Since "SessionRepositoryFilter" class is effectivelly a Filter, I suggest checking if you could create two Spring beans for the "SessionRepositoryFilter" class. One that will be used for all HTTP endpoints under the "/api*" pattern and another for all other paths. Then, you could use the "HttpSessionIdResolver" and "CookieSessionIdResolver" respectivelly. You can find an example for defining different filters based on URL patterns here.

Answer 2

After attempting the solution provided in the question (which works fine, to be honest), I also attempted to do this by providing two different filters. However, when @EnableSpringHttpSession is added, a SessionRepositoryFilter is added automatically and adding two more of those in the servlet filter chain seems odd. Therefore, I thought they would have to go in the security filter chain instead, which is good because then we can use the URL matching made there as well (instead of having to implement that elsewhere as well).

Since other security filters use the HttpSession, we have to manually place the SessionRepositoryFilter first in this chain.
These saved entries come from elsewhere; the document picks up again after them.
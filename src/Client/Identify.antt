-- ===== src/Client/Identify.antt =====
-- The read-vin and read-serial commands of client/diag_tool.py against the ECU of src/.
use vecu_uds.Base.{ℕ, ◌≡◌, refl, [], ◌∷◌, some}
use vecu_uds.Client.{Udsoncan, text, ◌>>=◌, ◌>>◌}
use vecu_uds.Client.Commands.{cmd_read_serial, cmd_read_vin, main, read_vin, read_serial}
use vecu_uds.Client.Ecu.{wire, Bench}
use vecu_uds.Clock.{Env}
use vecu_uds.Client.Documented.{Documented}
use vecu_uds.Vecu.{codes, registered_dids}
use vecu_uds.Client.Values.{serial_call, vin_call}
use vecu_uds.Client.Calls.{next}

-- If the package does as documented and the table is that of vecu_init, the read-vin and the
-- read-serial command end with exit code 0 and print what vecu_init registered.
pub read_vin_serial :
    (lib : Udsoncan Bench) (envs : ℕ → Env) (b : Bench)
    → Documented lib (wire envs)
    → b.vecu.dids ≡ registered_dids
    → (main lib read_vin b ≡ (
      some 0,
      next b b.vecu,
      (text (codes "VIN: ") ∷ text (codes "VF1234567890ABCDE") ∷ []) ∷ [],
    ))
      × (main lib read_serial b ≡ (
        some 0,
        next b b.vecu,
        (text (codes "Serial: ") ∷ text (codes "ECU-DEMO-001") ∷ []) ∷ [],
      ))
unfolding main cmd_read_vin cmd_read_serial
read_vin_serial lib envs b doc table = (
  rw (◌>>=◌, ◌>>◌, vin_call lib envs doc b table) refl,
  rw (◌>>=◌, ◌>>◌, serial_call lib envs doc b table) refl,
)
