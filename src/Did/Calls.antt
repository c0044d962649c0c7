-- ===== src/Did/Calls.antt =====
-- Sequences of calls of src/did_table.c against a list of at most sixteen entries.
use vecu_uds.Base.{refl, ◌∷◌, ◌++◌, ap, if◌then◌else◌, ◌≡◌, length, [], ltb, Option, ℕ, List, Bool}
use vecu_uds.Base.Machine.{replay, Simulates, replay-Simulates}
use vecu_uds.Did.{did_table_max, lookup, add, init, DidTable, DidEntry}
use vecu_uds.Did.Lookup.{init-IsValid, find, lookup-find, added-add, added, IsValid}

pub data Call : Type 0 where
  add_call : DidEntry → Call
  lookup_call : ℕ → Call

pub data Answer : Type 0 where
  was_added : Bool → Answer
  found : Option DidEntry → Answer

unfoldable pub call : Call → DidTable → Answer × DidTable
call (add_call e) t = let (done, after) = add e t in (was_added done, after)
call (lookup_call did) t = (found (lookup did t), t)

unfoldable pub list_call : Call → List DidEntry → Answer × List DidEntry
list_call (add_call e) es =
    let room = ltb (length es) did_table_max in (was_added room, if room then es ++ e ∷ [] else es)
list_call (lookup_call did) es = (found (find did es), es)

call-Simulates :
    (c : Call) (t : DidTable)
    → IsValid t
    → Simulates IsValid added (call c t) (list_call c (added t))
unfolding call list_call
call-Simulates (add_call e) t v =
    let (valid, done, grown) = added-add e t v in
    record { valid = valid; answer = ap was_added done; state = grown }
call-Simulates (lookup_call did) t v = record {
  valid = v;
  answer = ap found (lookup-find did t v);
  state = refl;
}

-- Any sequence of did_table_add and did_table_lookup on a new table is answered as on a list: an
-- addition appends the entry and fails when the list is full, and a lookup finds the first entry
-- that was added with the identifier, and NULL if there is none. The entries of the table are those
-- of the list at the end.
pub did_calls-list :
    (cs : List Call)
    → let (answers, t) = replay call cs init in
      let (list_answers, es) = replay list_call cs [] in (answers ≡ list_answers) × (added t ≡ es)
unfolding init
did_calls-list cs =
    let r = replay-Simulates IsValid added call list_call call-Simulates cs init init-IsValid in
    (r.answer, r.state)
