-- ===== src/Did/Examples.antt =====
-- The identifier table of src/did_table.c with two entries for one identifier.
use vecu_uds.Base.Machine.{replay}
use vecu_uds.Did.{lookup_loop, init, add, no_entry, DidEntry, lookup}
use vecu_uds.Base.{true, none, List, [], refl, ◌∷◌, some, ◌≡◌}
use vecu_uds.Did.Calls.{
  was_added, add_call, did_calls-list, lookup_call, found, list_call, Call, call,
}
use vecu_uds.Did.Lookup.{added}

abbrev vin : DidEntry
vin = record no_entry { did = 0xF190; static_data = some (86 ∷ []); static_len = 1 }

abbrev other : DidEntry
other = record no_entry { did = 0xF190; static_data = some (70 ∷ []); static_len = 1 }

abbrev calls : List Call
calls = lookup_call 0xF190 ∷ add_call vin ∷ add_call other ∷ lookup_call 0xF190 ∷ []

did_calls-list_example :
    let (answers, t) = replay call calls init in
    let (list_answers, es) = replay list_call calls [] in (answers ≡ list_answers) × (added t ≡ es)
did_calls-list_example = did_calls-list calls

did_answers :
    (replay call calls init).0
    ≡ found none ∷ was_added true ∷ was_added true ∷ found (some vin) ∷ []
unfolding replay call lookup lookup_loop add init
did_answers = refl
This is what I came up with (in Kotlin) which works well for me:

@EnableWebSecurity
class SecurityConfig() {

    private val sessionStore = ConcurrentHashMap<String, Session>()
    private val sessionRepo = MapSessionRepository(sessionStore)

    @Configuration
    @Order(1)
    inner class XAuthConfig(): WebSecurityConfigurerAdapter() {

        override fun configure(http: HttpSecurity) {
            http
                .requestMatchers()
                    .antMatchers("/api**")
                    .and()
                .addFilterBefore(
                    SessionRepositoryFilter(sessionRepo).apply{
                        setHttpSessionIdResolver(
                            HeaderHttpSessionIdResolver.xAuthToken();
                        )
                    }, WebAsyncManagerIntegrationFilter::class.java)
        }
    }

    @Configuration
    @Order(2)
    inner class DefaultConfig(): WebSecurityConfigurerAdapter() {

        override fun configure(http: HttpSecurity) {
            http
                .addFilterBefore(
                    SessionRepositoryFilter(sessionRepo).apply{
                        setHttpSessionIdResolver(
                            CookieHttpSessionIdResolver()
                        )
                    }, WebAsyncManagerIntegrationFilter::class.java)
            }
        }
    }

}

Note that the annotation @EnableSpringHttpSession has been removed. Instead, we add the SessionRepositoryFilters manually before the WebAsyncManagerIntegrationFilters (the first filter in the security filter chain). The function of the SessionRepositoryFilter is to replace the existing HttpSession with Spring's HttpSession which it will do no matter if we place it manually or if it's put in place automatically by means of autoconfiguration. As long as no other filter before the security filter chain makes use of the session, this should work out. Otherwise, some filter rearrangement might still do the trick.